▼

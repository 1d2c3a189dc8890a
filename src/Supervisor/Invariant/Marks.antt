-- ===== src/Supervisor/Invariant/Marks.antt =====
-- The counters under the marks of src/state.c.
use ninit.Prelude.{
  ℕ, ◌+◌, ◌≤◌, ◌<◌, ◌≡◌, Bool, true, false, arith, bit, update, tally, tally-le, tally-update,
  if_keeps,
}
use ninit.Graph.{Graph}
use ninit.Supervisor.Core.{
  St, pending, running, done, Core, is_pending, is_running, is_done, mark_done, mark_pending,
  mark_running, set_up,
}
use ninit.Supervisor.Invariant.Defs.{IsCounted, IsUpCounted}

module _ (g : Graph) (small : g.n_svc ≤ 8192) where
  -- one write of a state, as the three counts of states see it
  pub moved :
      (a : ℕ → St) (i : ℕ) (v : St)
      → i < g.n_svc
      → (tally is_running g.n_svc (update a i v) + bit (is_running (a i))
          ≡ tally is_running g.n_svc a + bit (is_running v))
        × (tally is_pending g.n_svc (update a i v) + bit (is_pending (a i))
            ≡ tally is_pending g.n_svc a + bit (is_pending v))
        × (tally is_done g.n_svc (update a i v) + bit (is_done (a i))
            ≡ tally is_done g.n_svc a + bit (is_done v))
        × (tally is_running g.n_svc (update a i v) ≤ g.n_svc)
        × (tally is_pending g.n_svc (update a i v) ≤ g.n_svc)
        × (tally is_done g.n_svc (update a i v) ≤ g.n_svc)
        × (tally is_running g.n_svc a ≤ g.n_svc)
        × (tally is_pending g.n_svc a ≤ g.n_svc)
        × (tally is_done g.n_svc a ≤ g.n_svc)
  moved a i v l = (
    tally-update is_running g.n_svc a i v l,
    tally-update is_pending g.n_svc a i v l,
    tally-update is_done g.n_svc a i v l,
    tally-le is_running g.n_svc (update a i v),
    tally-le is_pending g.n_svc (update a i v),
    tally-le is_done g.n_svc (update a i v),
    tally-le is_running g.n_svc a,
    tally-le is_pending g.n_svc a,
    tally-le is_done g.n_svc a,
  )

  module _ (c : Core) (i : ℕ) (l : i < g.n_svc) (h : IsCounted g c) where
    pub mark_done-IsCounted : IsCounted g (mark_done i c)
    unfolding mark_done
    mark_done-IsCounted = ground (arith, moved c.state i done l)

    pub mark_pending-IsCounted : IsCounted g (mark_pending i c)
    unfolding mark_pending
    mark_pending-IsCounted = ground (arith, moved c.state i pending l)

    -- spawn() leaves n_done alone, so a service that is DONE must have been marked PENDING before.
    pub mark_running-IsCounted : is_done (c.state i) ≡ false → IsCounted g (mark_running i c)
    unfolding mark_running
    mark_running-IsCounted e = ground (arith, moved c.state i running l)

  module _ (c : Core) (i : ℕ) (l : i < g.n_svc) (h : IsUpCounted g c) where
    pub set_up-IsUpCounted : (v : Bool) → IsUpCounted g (set_up i v c)
    unfolding set_up
    set_up-IsUpCounted true =
        if_keeps (IsUpCounted g) (c.up i) _ _ (λ _. h)
          (λ e.
            let change = tally-update (λ (b : Bool). b) g.n_svc c.up i true l in
            let most = tally-le (λ (b : Bool). b) g.n_svc (update c.up i true) in ground arith)
    set_up-IsUpCounted false =
        if_keeps (IsUpCounted g) (c.up i) _ _
          (λ e.
            let change = tally-update (λ (b : Bool). b) g.n_svc c.up i false l in
            let most = tally-le (λ (b : Bool). b) g.n_svc c.up in ground arith)
          (λ _. h)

▲

> [What to work on]
Your task is to transcribe exactly the lines from the one with "tally-update is_running g.n_svc" through the end of the data, both included, and nothing besides.

> [Task response]
    tally-update is_running g.n_svc a i v l,
    tally-update is_pending g.n_svc a i v l,
    tally-update is_done g.n_svc a i v l,
    tally-le is_running g.n_svc (update a i v),
    tally-le is_pending g.n_svc (update a i v),
    tally-le is_done g.n_svc (update a i v),
    tally-le is_running g.n_svc a,
    tally-le is_pending g.n_svc a,
    tally-le is_done g.n_svc a,
  )

  module _ (c : Core) (i : ℕ) (l : i < g.n_svc) (h : IsCounted g c) where
    pub mark_done-IsCounted : IsCounted g (mark_done i c)
    unfolding mark_done
    mark_done-IsCounted = ground (arith, moved c.state i done l)

    pub mark_pending-IsCounted : IsCounted g (mark_pending i c)
    unfolding mark_pending
    mark_pending-IsCounted = ground (arith, moved c.state i pending l)

    -- spawn() leaves n_done alone, so a service that is DONE must have been marked PENDING before.
    pub mark_running-IsCounted : is_done (c.state i) ≡ false → IsCounted g (mark_running i c)
    unfolding mark_running
    mark_running-IsCounted e = ground (arith, moved c.state i running l)

  module _ (c : Core) (i : ℕ) (l : i < g.n_svc) (h : IsUpCounted g c) where
    pub set_up-IsUpCounted : (v : Bool) → IsUpCounted g (set_up i v c)
    unfolding set_up
    set_up-IsUpCounted true =
        if_keeps (IsUpCounted g) (c.up i) _ _ (λ _. h)
          (λ e.
            let change = tally-update (λ (b : Bool). b) g.n_svc c.up i true l in
            let most = tally-le (λ (b : Bool). b) g.n_svc (update c.up i true) in ground arith)
    set_up-IsUpCounted false =
        if_keeps (IsUpCounted g) (c.up i) _ _
          (λ e.
            let change = tally-update (λ (b : Bool). b) g.n_svc c.up i false l in
            let most = tally-le (λ (b : Bool). b) g.n_svc c.up in ground arith)
          (λ _. h)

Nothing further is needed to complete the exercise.